# Simple Lathe Dial Indicator Holder



## Janderso (Sep 20, 2019)

We have all seen these. I made one out of aluminum the first time. I found it to be so handy, I made another one. I used Joe Pie's alignment tool on the rotary table for the first time.





Not my best work but it will do the job.
Scrap steel and a Shars indicator, $25 tool.


----------



## Bob Korves (Sep 20, 2019)

Very nice, Jeff!


----------



## stioc (Sep 20, 2019)

Nice work, just to clarify, the idea is to be able to hold it in a tool holder?


----------



## Janderso (Sep 20, 2019)

Yes, I use a dedicated Shars CXA tool holder to check run out when adjusting a part in a 4 jaw chuck.
Quick and easy. I got the idea from Mr. Pete.
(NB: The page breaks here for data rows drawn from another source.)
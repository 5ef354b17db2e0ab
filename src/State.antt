-- ===== src/State.antt =====
-- src/state.hpp: the search state that the Mempool tab shows, and the pure helpers on it.
pub mod Queries
use bitcoin_tui.Base.{
  ℕ, suc, Bool, true, false, ◌&&◌, ◌||◌, not, List, [], ◌∷◌, Bytes, length, ◌==◌, leb, is_digit, ℤ,
  pos, negsuc, ◌+ℤ◌, if◌then◌else◌,
}

pub record TxVin : Type 0 where
  pub txid : Bytes
  pub vout : ℤ
  pub is_coinbase : Bool

pub record TxVout (D : Type 0) : Type 0 where
  pub value : D
  pub address : Bytes
  pub type : Bytes

-- `D` is double.
pub record TxSearchState (D : Type 0) : Type 0 where
  pub txid : Bytes
  pub searching : Bool
  pub found : Bool
  pub is_block : Bool
  pub confirmed : Bool
  pub error : Bytes
  pub vsize : ℤ
  pub weight : ℤ
  pub fee : D
  pub fee_rate : D
  pub ancestors : ℤ
  pub descendants : ℤ
  pub entry_time : ℤ
  pub blockhash : Bytes
  pub block_height : ℤ
  pub confirmations : ℤ
  pub blocktime : ℤ
  pub vin_count : ℤ
  pub vout_count : ℤ
  pub total_output : D
  pub blk_hash : Bytes
  pub blk_height : ℤ
  pub blk_time : ℤ
  pub blk_ntx : ℤ
  pub blk_size : ℤ
  pub blk_weight : ℤ
  pub blk_difficulty : D
  pub blk_miner : Bytes
  pub blk_confirmations : ℤ
  pub vin_list : List TxVin
  pub vout_list : List (TxVout D)
  pub io_selected : ℤ
  pub inputs_overlay_open : Bool
  pub input_overlay_sel : ℤ
  pub outputs_overlay_open : Bool
  pub output_overlay_sel : ℤ

-- `TxSearchState{}`, with 0.0 given.
abbrev pub no_search : {D : Type 0} → D → TxSearchState D
no_search zero_double = record {
  txid = [];
  searching = false;
  found = false;
  is_block = false;
  confirmed = false;
  error = [];
  vsize = pos 0;
  weight = pos 0;
  fee = zero_double;
  fee_rate = zero_double;
  ancestors = pos 0;
  descendants = pos 0;
  entry_time = pos 0;
  blockhash = [];
  block_height = negsuc 0;
  confirmations = pos 0;
  blocktime = pos 0;
  vin_count = pos 0;
  vout_count = pos 0;
  total_output = zero_double;
  blk_hash = [];
  blk_height = pos 0;
  blk_time = pos 0;
  blk_ntx = pos 0;
  blk_size = pos 0;
  blk_weight = pos 0;
  blk_difficulty = zero_double;
  blk_miner = [];
  blk_confirmations = pos 0;
  vin_list = [];
  vout_list = [];
  io_selected = negsuc 0;
  inputs_overlay_open = false;
  input_overlay_sel = negsuc 0;
  outputs_overlay_open = false;
  output_overlay_sel = negsuc 0;
}

pub data TxResultKind : Type 0 where
  searching_kind block_kind mempool_kind confirmed_kind error_kind : TxResultKind

abbrev pub empty {ℓ} : {A : Type ℓ} → List A → Bool
empty [] = true
empty (x ∷ xs) = false

module _ {D : Type 0} where
  unfoldable pub classify_result : TxSearchState D → TxResultKind
  classify_result ss =
      if ss.searching
      then searching_kind
      else if not ss.found
      then error_kind
      else if ss.is_block
      then block_kind
      else if ss.confirmed
      then confirmed_kind
      else mempool_kind

  unfoldable pub io_inputs_idx : TxSearchState D → ℤ
  io_inputs_idx ss = if empty ss.vin_list then negsuc 0 else pos 1

  unfoldable pub io_outputs_idx : TxSearchState D → ℤ
  io_outputs_idx ss =
      if empty ss.vout_list then negsuc 0 else if empty ss.vin_list then pos 1 else pos 2

  unfoldable pub io_max_sel : TxSearchState D → ℤ
  io_max_sel ss =
      let n = if not (empty ss.vin_list) then pos 1 else pos 0 in
      if not (empty ss.vout_list) then n +ℤ pos 1 else n

abbrev pub all_of : (ℕ → Bool) → Bytes → Bool
all_of test [] = true
all_of test (c ∷ s) = test c && all_of test s

-- std::isxdigit in the "C" locale.
abbrev pub is_xdigit : ℕ → Bool
is_xdigit c = is_digit c || (leb b'a' c && leb c b'f') || (leb b'A' c && leb c b'F')

unfoldable pub is_txid : Bytes → Bool
is_txid s = if not (length s == 64) then false else all_of is_xdigit s

unfoldable pub is_height : Bytes → Bool
is_height s = not (empty s) && leb (length s) 8 && all_of is_digit s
He made a couple different versions including one with the dovetails.


----------



## Janderso (Sep 20, 2019)

Mounted and ready to go to work. Total investment = $48. If I dedicate a tool holder.


----------



## eeler1 (Sep 24, 2019)

Beats the magnet and adjustable arms and all that.  I'll have to do the same.


----------



## barnett (Mar 2, 2020)

Very nice !
 I'm gonna have to make one too. 
Is Joe still selling those ?


----------